## WORK TO BE COMPLETED
Extract from the entries below, exactly as given, only the lines from the line containing "(w : ClientWorld) (ready : ClientNode → Bool) (timeout" to the line containing "(wait_for-own w (λ", both lines included.

Stored data:
Start of Block

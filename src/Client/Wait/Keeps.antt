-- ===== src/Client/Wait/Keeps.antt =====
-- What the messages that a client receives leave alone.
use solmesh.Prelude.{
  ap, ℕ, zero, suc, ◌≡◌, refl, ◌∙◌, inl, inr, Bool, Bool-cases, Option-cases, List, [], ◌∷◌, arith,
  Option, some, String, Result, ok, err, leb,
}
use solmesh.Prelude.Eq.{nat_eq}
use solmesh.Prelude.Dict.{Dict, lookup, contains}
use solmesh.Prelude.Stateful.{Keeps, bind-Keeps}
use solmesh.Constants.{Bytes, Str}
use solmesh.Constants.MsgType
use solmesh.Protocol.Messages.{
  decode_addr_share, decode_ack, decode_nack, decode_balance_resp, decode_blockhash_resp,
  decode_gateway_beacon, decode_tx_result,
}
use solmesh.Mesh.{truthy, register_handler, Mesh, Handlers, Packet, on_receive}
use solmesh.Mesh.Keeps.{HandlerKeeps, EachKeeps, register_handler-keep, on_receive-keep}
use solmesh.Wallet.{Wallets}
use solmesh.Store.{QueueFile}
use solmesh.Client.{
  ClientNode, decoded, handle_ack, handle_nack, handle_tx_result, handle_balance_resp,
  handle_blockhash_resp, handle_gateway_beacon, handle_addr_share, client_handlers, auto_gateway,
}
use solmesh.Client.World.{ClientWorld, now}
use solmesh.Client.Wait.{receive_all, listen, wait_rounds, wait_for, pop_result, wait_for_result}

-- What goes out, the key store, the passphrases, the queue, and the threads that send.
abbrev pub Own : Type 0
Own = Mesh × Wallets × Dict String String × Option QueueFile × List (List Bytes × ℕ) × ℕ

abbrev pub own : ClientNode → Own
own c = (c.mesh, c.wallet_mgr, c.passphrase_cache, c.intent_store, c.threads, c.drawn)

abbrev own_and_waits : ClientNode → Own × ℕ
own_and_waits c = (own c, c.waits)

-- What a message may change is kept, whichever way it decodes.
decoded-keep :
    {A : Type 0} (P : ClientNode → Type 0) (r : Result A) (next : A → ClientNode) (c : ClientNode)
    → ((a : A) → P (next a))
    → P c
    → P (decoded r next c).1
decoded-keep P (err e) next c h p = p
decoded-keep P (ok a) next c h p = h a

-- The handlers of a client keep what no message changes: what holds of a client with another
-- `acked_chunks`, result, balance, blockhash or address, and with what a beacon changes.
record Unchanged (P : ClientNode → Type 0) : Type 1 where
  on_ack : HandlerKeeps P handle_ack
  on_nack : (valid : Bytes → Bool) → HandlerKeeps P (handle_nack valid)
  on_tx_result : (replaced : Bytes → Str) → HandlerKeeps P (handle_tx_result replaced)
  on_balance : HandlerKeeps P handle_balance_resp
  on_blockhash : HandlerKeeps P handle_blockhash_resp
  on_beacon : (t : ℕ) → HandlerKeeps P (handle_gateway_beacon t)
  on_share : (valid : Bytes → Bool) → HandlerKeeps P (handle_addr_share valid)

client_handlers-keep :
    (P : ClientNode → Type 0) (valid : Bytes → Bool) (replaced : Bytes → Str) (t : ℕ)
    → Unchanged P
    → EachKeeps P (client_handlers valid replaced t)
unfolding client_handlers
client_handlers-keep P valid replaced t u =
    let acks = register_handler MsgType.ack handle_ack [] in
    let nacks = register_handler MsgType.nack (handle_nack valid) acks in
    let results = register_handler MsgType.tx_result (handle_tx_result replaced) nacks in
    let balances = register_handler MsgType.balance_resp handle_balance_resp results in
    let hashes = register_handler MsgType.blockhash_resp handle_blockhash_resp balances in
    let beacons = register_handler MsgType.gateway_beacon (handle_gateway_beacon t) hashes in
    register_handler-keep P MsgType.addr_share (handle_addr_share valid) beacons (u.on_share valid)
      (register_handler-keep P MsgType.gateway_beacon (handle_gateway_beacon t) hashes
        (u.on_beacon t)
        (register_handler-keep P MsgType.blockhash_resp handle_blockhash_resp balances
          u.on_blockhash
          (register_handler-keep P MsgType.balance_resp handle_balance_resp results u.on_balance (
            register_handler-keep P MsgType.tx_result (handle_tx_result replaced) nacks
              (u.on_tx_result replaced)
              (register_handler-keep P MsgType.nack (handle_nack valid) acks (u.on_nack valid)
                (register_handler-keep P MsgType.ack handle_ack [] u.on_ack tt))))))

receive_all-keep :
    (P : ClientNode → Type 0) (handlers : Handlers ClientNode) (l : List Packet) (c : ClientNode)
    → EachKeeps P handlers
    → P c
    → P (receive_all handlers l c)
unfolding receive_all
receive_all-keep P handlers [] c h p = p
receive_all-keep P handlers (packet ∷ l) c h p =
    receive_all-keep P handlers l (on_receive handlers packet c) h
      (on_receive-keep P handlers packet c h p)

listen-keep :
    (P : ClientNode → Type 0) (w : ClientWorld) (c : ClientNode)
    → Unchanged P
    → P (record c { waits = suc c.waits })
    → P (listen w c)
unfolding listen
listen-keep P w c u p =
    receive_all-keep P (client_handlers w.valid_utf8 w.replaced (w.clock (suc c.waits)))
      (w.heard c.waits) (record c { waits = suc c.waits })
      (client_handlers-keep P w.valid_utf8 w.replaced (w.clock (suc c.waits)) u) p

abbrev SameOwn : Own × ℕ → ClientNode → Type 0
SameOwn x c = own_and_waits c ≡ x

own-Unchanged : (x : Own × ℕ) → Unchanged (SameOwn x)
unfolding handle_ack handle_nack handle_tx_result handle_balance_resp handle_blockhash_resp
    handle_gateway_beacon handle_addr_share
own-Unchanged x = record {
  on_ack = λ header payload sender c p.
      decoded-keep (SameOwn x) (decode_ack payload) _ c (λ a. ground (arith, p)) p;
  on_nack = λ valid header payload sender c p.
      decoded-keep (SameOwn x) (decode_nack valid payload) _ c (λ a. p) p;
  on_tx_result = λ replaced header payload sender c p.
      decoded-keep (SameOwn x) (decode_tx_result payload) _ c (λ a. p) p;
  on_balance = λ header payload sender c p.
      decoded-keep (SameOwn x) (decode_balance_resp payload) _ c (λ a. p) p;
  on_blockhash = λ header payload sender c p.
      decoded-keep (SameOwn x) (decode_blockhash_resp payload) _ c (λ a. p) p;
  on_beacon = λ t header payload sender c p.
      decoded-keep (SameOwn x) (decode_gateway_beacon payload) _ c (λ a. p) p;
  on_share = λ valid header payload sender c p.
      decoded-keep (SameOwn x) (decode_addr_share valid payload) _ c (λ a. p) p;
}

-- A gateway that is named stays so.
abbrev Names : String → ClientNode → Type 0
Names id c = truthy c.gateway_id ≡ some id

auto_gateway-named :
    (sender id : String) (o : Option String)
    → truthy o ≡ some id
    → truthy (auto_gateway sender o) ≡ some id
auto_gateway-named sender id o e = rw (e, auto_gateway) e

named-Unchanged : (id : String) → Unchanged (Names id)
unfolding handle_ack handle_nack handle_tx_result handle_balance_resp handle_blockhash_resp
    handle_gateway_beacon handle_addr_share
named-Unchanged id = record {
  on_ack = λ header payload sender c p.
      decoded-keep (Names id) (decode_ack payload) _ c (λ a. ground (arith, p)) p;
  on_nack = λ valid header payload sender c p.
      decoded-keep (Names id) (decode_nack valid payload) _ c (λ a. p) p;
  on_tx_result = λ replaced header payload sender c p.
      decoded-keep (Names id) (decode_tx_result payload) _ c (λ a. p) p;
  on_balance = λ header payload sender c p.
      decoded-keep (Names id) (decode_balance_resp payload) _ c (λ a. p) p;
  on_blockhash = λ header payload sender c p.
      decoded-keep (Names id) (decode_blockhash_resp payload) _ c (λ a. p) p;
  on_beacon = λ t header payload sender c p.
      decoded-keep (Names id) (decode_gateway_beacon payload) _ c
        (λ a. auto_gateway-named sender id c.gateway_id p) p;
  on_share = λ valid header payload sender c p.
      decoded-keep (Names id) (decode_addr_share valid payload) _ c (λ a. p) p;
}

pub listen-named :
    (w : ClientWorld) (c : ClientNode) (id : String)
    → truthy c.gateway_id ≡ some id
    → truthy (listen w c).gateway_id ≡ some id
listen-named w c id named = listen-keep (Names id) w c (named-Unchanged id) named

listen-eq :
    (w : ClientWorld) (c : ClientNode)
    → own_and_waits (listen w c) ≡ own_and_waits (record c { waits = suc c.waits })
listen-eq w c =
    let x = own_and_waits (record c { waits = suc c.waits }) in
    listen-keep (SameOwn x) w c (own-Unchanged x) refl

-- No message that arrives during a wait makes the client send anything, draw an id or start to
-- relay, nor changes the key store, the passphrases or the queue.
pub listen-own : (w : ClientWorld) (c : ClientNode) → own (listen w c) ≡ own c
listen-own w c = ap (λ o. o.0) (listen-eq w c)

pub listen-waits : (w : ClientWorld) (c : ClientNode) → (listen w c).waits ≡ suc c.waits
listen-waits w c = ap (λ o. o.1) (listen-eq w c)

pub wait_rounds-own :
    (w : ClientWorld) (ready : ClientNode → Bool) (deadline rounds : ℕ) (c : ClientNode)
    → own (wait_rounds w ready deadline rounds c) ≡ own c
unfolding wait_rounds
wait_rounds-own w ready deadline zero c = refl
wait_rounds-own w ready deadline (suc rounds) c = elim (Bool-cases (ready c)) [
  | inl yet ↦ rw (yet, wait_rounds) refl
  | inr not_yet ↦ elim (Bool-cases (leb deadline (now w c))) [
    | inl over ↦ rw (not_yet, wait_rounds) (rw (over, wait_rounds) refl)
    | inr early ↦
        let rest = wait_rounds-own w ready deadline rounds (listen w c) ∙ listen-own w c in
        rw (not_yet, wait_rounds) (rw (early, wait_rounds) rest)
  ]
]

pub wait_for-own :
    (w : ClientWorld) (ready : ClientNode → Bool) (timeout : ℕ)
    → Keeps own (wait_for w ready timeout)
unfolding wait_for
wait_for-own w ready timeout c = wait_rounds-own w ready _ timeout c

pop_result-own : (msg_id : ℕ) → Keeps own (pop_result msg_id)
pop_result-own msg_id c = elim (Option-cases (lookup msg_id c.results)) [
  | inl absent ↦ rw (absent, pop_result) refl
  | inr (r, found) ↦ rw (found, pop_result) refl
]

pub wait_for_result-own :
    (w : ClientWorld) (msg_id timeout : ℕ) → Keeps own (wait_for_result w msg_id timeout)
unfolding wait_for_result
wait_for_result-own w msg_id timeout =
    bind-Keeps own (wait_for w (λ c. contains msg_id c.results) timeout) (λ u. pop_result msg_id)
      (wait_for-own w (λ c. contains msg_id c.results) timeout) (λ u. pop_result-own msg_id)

End of Block
Start of Block

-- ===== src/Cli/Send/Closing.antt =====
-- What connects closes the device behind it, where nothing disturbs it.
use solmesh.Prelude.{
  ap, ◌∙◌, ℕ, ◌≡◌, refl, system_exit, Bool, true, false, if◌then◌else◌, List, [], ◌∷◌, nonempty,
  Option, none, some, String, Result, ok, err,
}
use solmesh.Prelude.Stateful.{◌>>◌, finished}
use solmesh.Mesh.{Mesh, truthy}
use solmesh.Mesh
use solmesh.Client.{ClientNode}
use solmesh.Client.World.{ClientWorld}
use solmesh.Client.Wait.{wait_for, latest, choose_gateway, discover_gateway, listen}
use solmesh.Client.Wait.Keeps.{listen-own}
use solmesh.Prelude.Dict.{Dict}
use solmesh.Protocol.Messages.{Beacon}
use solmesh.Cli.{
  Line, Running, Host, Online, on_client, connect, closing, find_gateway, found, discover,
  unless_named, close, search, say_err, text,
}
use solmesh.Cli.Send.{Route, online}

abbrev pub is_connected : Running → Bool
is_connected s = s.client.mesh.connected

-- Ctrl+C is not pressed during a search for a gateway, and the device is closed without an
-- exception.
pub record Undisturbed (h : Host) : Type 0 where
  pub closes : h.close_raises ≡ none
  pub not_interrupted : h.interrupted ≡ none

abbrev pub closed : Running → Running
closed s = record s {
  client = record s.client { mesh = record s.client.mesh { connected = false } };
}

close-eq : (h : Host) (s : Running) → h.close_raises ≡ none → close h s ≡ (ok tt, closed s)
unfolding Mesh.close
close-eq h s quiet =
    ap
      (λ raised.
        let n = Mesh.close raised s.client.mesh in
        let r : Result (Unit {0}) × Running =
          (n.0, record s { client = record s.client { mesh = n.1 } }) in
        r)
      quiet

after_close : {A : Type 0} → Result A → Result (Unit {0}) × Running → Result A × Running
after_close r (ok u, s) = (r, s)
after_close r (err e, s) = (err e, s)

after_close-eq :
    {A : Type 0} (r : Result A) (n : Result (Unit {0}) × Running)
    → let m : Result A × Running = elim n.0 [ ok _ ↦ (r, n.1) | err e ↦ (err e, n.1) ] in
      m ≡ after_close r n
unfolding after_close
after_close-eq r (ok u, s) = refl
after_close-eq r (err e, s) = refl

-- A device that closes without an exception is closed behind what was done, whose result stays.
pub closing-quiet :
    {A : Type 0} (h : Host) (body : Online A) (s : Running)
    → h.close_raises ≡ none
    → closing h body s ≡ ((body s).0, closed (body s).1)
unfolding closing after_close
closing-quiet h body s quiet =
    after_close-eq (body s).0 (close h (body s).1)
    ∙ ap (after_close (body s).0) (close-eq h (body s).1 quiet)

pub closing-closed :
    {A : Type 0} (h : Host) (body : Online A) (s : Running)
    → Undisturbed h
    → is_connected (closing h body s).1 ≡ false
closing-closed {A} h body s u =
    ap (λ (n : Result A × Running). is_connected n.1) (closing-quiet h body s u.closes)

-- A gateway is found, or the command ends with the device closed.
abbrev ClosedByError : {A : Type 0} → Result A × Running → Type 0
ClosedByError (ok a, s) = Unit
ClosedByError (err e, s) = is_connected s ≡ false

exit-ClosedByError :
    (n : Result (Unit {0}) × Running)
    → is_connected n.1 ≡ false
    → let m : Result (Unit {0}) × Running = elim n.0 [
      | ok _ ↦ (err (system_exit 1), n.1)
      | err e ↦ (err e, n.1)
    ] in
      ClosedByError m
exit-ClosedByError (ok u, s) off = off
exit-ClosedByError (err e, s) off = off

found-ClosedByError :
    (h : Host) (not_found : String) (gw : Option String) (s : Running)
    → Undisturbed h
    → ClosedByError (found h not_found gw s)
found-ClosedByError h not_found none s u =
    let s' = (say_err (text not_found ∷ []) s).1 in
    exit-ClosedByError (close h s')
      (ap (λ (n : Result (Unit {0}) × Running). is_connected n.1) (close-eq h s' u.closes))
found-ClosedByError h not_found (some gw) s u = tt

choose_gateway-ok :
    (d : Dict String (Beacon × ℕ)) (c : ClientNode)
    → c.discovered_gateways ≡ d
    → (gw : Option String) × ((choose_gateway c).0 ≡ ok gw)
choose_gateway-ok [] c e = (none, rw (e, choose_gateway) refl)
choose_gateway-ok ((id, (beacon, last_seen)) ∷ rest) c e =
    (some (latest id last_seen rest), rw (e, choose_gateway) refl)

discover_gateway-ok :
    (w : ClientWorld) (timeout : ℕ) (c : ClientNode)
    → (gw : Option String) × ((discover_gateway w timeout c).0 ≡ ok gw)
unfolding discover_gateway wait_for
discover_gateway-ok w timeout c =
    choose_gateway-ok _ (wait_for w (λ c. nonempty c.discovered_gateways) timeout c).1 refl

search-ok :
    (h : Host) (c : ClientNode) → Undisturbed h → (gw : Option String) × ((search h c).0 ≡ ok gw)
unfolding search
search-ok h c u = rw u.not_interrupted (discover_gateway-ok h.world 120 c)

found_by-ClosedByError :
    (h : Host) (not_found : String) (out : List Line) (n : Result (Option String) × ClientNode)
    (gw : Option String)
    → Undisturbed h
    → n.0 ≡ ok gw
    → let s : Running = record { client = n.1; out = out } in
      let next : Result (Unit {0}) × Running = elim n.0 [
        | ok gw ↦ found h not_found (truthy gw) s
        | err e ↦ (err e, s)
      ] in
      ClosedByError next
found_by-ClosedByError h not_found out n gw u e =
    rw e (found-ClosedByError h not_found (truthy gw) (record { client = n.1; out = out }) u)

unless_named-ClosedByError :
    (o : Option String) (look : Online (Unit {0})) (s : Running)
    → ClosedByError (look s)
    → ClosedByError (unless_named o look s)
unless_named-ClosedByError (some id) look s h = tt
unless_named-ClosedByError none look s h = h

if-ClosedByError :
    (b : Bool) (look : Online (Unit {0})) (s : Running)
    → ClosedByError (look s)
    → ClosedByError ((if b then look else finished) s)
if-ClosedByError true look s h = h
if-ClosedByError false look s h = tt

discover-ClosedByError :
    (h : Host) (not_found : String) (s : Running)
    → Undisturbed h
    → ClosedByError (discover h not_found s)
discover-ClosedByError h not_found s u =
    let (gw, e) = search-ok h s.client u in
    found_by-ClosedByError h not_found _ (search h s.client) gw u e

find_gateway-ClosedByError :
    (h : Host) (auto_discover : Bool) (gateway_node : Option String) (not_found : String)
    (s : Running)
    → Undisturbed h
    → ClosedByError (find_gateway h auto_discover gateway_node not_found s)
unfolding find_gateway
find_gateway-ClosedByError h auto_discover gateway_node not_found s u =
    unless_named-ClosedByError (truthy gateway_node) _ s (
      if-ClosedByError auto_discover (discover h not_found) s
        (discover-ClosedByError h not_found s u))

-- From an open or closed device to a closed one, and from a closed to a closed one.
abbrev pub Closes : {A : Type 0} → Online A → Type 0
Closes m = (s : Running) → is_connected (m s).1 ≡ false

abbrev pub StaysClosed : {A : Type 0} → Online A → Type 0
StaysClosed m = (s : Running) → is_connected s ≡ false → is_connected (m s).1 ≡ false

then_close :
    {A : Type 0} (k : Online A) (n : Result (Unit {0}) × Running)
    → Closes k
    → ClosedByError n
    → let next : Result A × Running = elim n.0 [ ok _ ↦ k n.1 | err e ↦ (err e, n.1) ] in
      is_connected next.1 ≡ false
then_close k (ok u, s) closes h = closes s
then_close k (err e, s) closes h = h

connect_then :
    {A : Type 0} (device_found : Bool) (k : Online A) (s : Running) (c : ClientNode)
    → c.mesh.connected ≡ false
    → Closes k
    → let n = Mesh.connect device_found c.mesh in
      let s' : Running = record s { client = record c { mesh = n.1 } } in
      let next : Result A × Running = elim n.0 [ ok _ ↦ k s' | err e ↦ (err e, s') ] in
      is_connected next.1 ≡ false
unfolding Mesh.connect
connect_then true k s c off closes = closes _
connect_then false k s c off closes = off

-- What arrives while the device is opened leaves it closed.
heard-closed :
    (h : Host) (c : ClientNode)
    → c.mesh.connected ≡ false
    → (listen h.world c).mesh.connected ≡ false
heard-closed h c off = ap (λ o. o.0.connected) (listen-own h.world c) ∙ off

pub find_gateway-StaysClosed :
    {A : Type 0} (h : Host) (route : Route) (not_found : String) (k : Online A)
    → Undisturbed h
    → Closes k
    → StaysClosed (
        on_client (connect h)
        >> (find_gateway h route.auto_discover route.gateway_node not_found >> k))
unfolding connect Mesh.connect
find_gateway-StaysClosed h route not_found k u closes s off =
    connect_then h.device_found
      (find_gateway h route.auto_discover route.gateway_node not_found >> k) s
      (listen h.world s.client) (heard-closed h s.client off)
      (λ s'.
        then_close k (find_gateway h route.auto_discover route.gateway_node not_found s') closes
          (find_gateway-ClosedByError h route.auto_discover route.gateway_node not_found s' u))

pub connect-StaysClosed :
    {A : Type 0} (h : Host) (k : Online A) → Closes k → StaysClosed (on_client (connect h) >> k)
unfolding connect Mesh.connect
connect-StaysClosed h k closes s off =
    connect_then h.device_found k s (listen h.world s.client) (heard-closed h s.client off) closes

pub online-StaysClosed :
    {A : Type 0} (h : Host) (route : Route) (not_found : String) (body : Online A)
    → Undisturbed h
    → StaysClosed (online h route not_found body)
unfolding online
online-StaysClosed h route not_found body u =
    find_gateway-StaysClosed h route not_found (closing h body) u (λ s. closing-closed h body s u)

End of Block

## EXPECTED ANSWER
    (w : ClientWorld) (ready : ClientNode → Bool) (timeout : ℕ)
    → Keeps own (wait_for w ready timeout)
unfolding wait_for
wait_for-own w ready timeout c = wait_rounds-own w ready _ timeout c

pop_result-own : (msg_id : ℕ) → Keeps own (pop_result msg_id)
pop_result-own msg_id c = elim (Option-cases (lookup msg_id c.results)) [
  | inl absent ↦ rw (absent, pop_result) refl
  | inr (r, found) ↦ rw (found, pop_result) refl
]

pub wait_for_result-own :
    (w : ClientWorld) (msg_id timeout : ℕ) → Keeps own (wait_for_result w msg_id timeout)
unfolding wait_for_result
wait_for_result-own w msg_id timeout =
    bind-Keeps own (wait_for w (λ c. contains msg_id c.results) timeout) (λ u. pop_result msg_id)
      (wait_for-own w (λ c. contains msg_id c.results) timeout) (λ u. pop_result-own msg_id)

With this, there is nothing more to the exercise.